The Worst. Tax. Ever.

March 19, 2013 — Leave a comment
Location map: Cyprus (dark green) / European U...

Cyprus (dark green) / EU (light green) / Europe (dark grey); (Photo credit: Wikipedia)

How does an island nation with less than a million people, an economy smaller than $23 billion and a GDP worth just 0.2% of the Euro Zone send economic shockwaves throughout the world?

A really, really stupid tax.

After becoming the fourth EU country since 2010 to need a bailout last week (following Ireland, Greece, and Portugal), EU authorities crafted a €10 billion ($13.07 billion) bailout for Cyprus with one huge catch – they won’t get the aid unless they help pay for it with new revenue. The EU says they should do this by imposing a deposit tax on all bank accounts: 10% for deposits greater than €100,000 and 6.75% for lesser amounts. This one-time levy would raise 5.8 billion euros.

The EU has imposed strict terms on bailouts before, such as demanding budget cuts (which negatively affect bond holders and shareholders), but this is the first time bank depositors have been forked the bill.
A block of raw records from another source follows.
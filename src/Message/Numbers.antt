-- ===== src/Message/Numbers.antt =====
-- middleware/components/message/message_def.h: the numbers of the messages. An enumeration counts up
-- from a base for the signals and from one for the calls of a service; only the bases have names here.
pub mod Ranges
use mblue.Common.{
  ℕ, zero, suc, ◌+◌, ◌*◌, ◌^◌, ◌≤◌, ◌<◌, ◌≡◌, refl, ap, ◌∙◌, Bool, true, ◌&&◌, List, [], ◌∷◌, ◌++◌,
  leb, ◌==◌, Option, some, get_elem?, length, arith,
}

-- The members from `base` on, `base` itself among them.
pub record Members : Type 0 where
  pub base : ℕ
  pub count : ℕ

abbrev members : ℕ → ℕ → Members
members base count = record { base = base; count = count }

abbrev pub minor_default_gap : ℕ
minor_default_gap = 0x100

abbrev pub timer_signal_base : ℕ
timer_signal_base = 0

abbrev pub timer_rpc_base : ℕ
timer_rpc_base = timer_signal_base + minor_default_gap

-- MBLUE_SYS_TURN_ON to MBLUE_SYS_POWER_PLUGOUT, which are no enumeration.
unfoldable pub system_message : Members
system_message = members 1 9

unfoldable pub timer_message : List Members
timer_message = members timer_signal_base 2 ∷ members timer_rpc_base 7 ∷ []

abbrev pub async_signal_base : ℕ
async_signal_base = timer_rpc_base + minor_default_gap

abbrev pub async_rpc_base : ℕ
async_rpc_base = async_signal_base + minor_default_gap

unfoldable pub async_message : List Members
async_message = members async_signal_base 1 ∷ members async_rpc_base 3 ∷ []

abbrev pub gpio_module_signal_base : ℕ
gpio_module_signal_base = async_rpc_base + minor_default_gap

unfoldable pub gpio_module_message : List Members
gpio_module_message = members gpio_module_signal_base 4 ∷ []

abbrev pub uart_module_signal_base : ℕ
uart_module_signal_base = gpio_module_signal_base + minor_default_gap

unfoldable pub uart_module_message : List Members
uart_module_message = members uart_module_signal_base 10 ∷ []

abbrev pub uart_service_signal_base : ℕ
uart_service_signal_base = uart_module_signal_base + minor_default_gap

abbrev pub uart_service_rpc_base : ℕ
uart_service_rpc_base = uart_service_signal_base + minor_default_gap

unfoldable pub uart_service_message : List Members
uart_service_message = members uart_service_signal_base 3 ∷ members uart_service_rpc_base 2 ∷ []

abbrev pub at_service_signal_base : ℕ
at_service_signal_base = uart_service_rpc_base + minor_default_gap

abbrev pub at_service_rpc_base : ℕ
at_service_rpc_base = at_service_signal_base + minor_default_gap

unfoldable pub at_service_message : List Members
at_service_message = members at_service_signal_base 2 ∷ members at_service_rpc_base 2 ∷ []

abbrev pub modem_service_signal_base : ℕ
modem_service_signal_base = at_service_rpc_base + minor_default_gap

abbrev pub modem_service_rpc_base : ℕ
modem_service_rpc_base = modem_service_signal_base + minor_default_gap

unfoldable pub modem_service_message : List Members
modem_service_message = members modem_service_signal_base 1 ∷ members modem_service_rpc_base 15 ∷ []

abbrev pub i2c_service_signal_base : ℕ
i2c_service_signal_base = modem_service_rpc_base + minor_default_gap

abbrev pub i2c_service_rpc_base : ℕ
i2c_service_rpc_base = i2c_service_signal_base + minor_default_gap

unfoldable pub i2c_service_message : List Members
i2c_service_message = members i2c_service_signal_base 1 ∷ members i2c_service_rpc_base 3 ∷ []

abbrev pub gps_service_signal_base : ℕ
gps_service_signal_base = i2c_service_rpc_base + minor_default_gap

abbrev pub gps_service_rpc_base : ℕ
gps_service_rpc_base = gps_service_signal_base + minor_default_gap

unfoldable pub gps_service_message : List Members
gps_service_message = members gps_service_signal_base 2 ∷ members gps_service_rpc_base 4 ∷ []

abbrev pub iot_service_signal_base : ℕ
iot_service_signal_base = gps_service_rpc_base + minor_default_gap

abbrev pub iot_service_rpc_base : ℕ
iot_service_rpc_base = iot_service_signal_base + minor_default_gap

unfoldable pub iot_service_message : List Members
iot_service_message = members iot_service_signal_base 7 ∷ members iot_service_rpc_base 4 ∷ []

abbrev pub locator_scenario_signal_base : ℕ
locator_scenario_signal_base = iot_service_rpc_base + minor_default_gap

abbrev pub locator_scenario_rpc_base : ℕ
locator_scenario_rpc_base = locator_scenario_signal_base + minor_default_gap

unfoldable pub locator_scenario_message : List Members
locator_scenario_message =
    members locator_scenario_signal_base 3 ∷ members locator_scenario_rpc_base 1 ∷ []

abbrev pub log_service_signal_base : ℕ
log_service_signal_base = locator_scenario_rpc_base + minor_default_gap

abbrev pub log_service_rpc_base : ℕ
log_service_rpc_base = log_service_signal_base + minor_default_gap

unfoldable pub log_service_message : List Members
log_service_message = members log_service_signal_base 1 ∷ members log_service_rpc_base 5 ∷ []

abbrev pub led_service_signal_base : ℕ
led_service_signal_base = log_service_rpc_base + minor_default_gap

abbrev pub led_service_rpc_base : ℕ
led_service_rpc_base = led_service_signal_base + minor_default_gap

unfoldable pub led_service_message : List Members
led_service_message = members led_service_signal_base 1 ∷ members led_service_rpc_base 2 ∷ []

-- The enumerations, in the file's order; they are laid out by the gap, the system messages are not.
unfoldable pub gap_minors : List Members
unfolding timer_message async_message gpio_module_message uart_module_message uart_service_message
    at_service_message modem_service_message i2c_service_message gps_service_message
    iot_service_message locator_scenario_message log_service_message led_service_message
gap_minors =
    timer_message ++ async_message ++ gpio_module_message ++ uart_module_message
    ++ uart_service_message ++ at_service_message ++ modem_service_message ++ i2c_service_message
    ++ gps_service_message ++ iot_service_message ++ locator_scenario_message ++ log_service_message
    ++ led_service_message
The European Central Bank, France and Germany insist the deposit tax was Cyprus’ idea, not the EU’s. Either way, critics of the plan say this sets a dangerous precedent for the EU, where depositor’s savings were traditionally considered untouchable. Financial analyst Louisse Cooper wrote, “A fundamental safeguard to Europe’s banking industry has been compromised for a tiny country costing 10-20 billion euros to bailout — not a good trade.”

OB-WT009_liondo_D_20130318194211Naturally, chaos ensued after the tax was proposed. Depositors rushed to cash machines to withdraw as much money as possible, emptying many of them. The run was so bad that Cypriot authorities ordered banks to withhold the levy before handing out any cash. On Monday, they had to order banks closed altogether while lawmakers struggled to create a more palatable plan to help pay for the bailout.

At the moment, it looks like banks won’t re-open until Thursday. Meanwhile fears of another debt crisis are climbing, the euro is slipping, protests are popping up all over the country, the US stock market is falling for the first time in weeks, and Russia is really pissed off. Russian companies and individuals have about $31 billion deposited in Cyprus; when loans to Cyprus companies are included, Russia’s exposure is about $60 billion, according to Moody’s estimates. PM Vladimir Putin called the tax “unfair, unprofessional and dangerous.”

A parliamentary vote on some version of the deposit tax is expected by midday on Tuesday, March 19, 2013.